• [EXERCISE GOAL] How many lines of these records hold the string "Policy"? Reply with the number alone.

▬▬▬▬▬▬▬▬▬▬

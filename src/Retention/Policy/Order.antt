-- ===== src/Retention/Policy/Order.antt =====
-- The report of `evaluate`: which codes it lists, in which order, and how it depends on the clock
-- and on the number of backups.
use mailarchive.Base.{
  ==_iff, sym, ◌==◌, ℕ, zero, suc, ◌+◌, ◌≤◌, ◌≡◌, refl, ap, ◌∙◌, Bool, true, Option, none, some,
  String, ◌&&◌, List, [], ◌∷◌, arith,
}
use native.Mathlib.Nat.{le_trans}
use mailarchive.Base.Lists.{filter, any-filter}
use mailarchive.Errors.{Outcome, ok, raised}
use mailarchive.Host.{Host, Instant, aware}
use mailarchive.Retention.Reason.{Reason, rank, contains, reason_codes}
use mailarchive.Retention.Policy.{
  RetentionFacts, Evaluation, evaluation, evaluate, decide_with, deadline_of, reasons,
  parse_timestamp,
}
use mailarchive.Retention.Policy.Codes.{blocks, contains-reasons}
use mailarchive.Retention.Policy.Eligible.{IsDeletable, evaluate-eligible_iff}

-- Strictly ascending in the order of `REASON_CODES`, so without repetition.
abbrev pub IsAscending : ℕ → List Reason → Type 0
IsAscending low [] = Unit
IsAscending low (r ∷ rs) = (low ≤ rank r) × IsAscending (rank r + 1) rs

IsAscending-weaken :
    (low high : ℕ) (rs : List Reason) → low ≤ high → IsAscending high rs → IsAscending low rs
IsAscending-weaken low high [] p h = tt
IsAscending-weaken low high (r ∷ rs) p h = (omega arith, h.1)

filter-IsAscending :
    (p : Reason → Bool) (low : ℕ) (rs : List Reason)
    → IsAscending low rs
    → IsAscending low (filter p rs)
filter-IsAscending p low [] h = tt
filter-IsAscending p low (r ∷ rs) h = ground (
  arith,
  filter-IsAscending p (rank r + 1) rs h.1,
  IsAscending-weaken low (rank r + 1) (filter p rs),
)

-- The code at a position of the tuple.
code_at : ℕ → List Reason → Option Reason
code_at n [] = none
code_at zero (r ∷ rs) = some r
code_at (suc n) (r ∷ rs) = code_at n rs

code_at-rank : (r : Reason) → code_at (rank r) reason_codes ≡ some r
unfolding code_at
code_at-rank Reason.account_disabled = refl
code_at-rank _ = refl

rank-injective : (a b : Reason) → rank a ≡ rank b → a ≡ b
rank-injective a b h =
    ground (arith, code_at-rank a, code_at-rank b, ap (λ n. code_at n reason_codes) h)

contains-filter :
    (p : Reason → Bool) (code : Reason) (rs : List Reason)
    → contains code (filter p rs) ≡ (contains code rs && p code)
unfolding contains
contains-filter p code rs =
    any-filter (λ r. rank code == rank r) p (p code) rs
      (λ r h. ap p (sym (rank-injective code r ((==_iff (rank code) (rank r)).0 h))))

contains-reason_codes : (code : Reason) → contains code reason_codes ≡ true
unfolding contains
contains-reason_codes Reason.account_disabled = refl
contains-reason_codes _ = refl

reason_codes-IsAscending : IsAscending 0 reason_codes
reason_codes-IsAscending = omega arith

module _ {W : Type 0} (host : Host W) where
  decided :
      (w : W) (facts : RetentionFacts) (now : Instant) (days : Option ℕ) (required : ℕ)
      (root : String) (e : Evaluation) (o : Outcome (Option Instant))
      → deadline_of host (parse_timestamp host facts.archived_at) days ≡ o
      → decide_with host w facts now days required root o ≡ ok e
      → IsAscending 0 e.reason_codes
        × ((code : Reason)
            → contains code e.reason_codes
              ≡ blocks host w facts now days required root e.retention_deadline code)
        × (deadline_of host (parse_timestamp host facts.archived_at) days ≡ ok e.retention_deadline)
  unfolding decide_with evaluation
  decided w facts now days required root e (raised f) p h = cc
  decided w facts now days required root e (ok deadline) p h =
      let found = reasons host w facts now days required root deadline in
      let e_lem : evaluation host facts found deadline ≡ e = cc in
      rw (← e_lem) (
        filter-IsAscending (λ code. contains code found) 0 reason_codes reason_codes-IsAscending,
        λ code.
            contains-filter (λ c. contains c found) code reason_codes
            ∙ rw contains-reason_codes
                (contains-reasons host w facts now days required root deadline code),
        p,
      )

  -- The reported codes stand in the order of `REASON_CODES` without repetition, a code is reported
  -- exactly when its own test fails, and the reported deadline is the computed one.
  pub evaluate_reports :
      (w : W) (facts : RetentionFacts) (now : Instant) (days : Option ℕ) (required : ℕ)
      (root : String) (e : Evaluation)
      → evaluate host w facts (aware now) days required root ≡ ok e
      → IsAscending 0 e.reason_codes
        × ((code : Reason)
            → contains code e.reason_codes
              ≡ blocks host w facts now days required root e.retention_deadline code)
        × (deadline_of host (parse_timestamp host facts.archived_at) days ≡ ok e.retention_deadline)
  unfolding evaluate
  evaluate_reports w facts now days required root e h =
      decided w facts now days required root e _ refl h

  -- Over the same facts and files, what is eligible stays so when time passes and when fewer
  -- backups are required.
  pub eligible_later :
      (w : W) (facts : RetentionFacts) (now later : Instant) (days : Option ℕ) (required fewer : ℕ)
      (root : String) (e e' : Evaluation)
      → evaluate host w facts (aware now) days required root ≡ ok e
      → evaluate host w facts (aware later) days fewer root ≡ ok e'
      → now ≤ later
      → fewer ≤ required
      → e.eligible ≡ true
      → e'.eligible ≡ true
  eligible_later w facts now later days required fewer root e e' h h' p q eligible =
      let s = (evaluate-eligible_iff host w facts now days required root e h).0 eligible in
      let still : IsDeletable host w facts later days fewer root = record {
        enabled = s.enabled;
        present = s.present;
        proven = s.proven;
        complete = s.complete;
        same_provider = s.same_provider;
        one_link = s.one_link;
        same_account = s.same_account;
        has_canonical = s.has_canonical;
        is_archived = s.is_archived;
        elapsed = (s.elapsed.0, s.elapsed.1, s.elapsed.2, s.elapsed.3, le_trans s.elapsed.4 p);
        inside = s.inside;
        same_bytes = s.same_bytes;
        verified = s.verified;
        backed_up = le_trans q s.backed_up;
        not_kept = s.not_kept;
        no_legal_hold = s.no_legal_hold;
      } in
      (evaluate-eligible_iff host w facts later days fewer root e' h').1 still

▬▬▬▬▬▬▬▬▬▬

• [RESULT FOR THIS EXERCISE] 5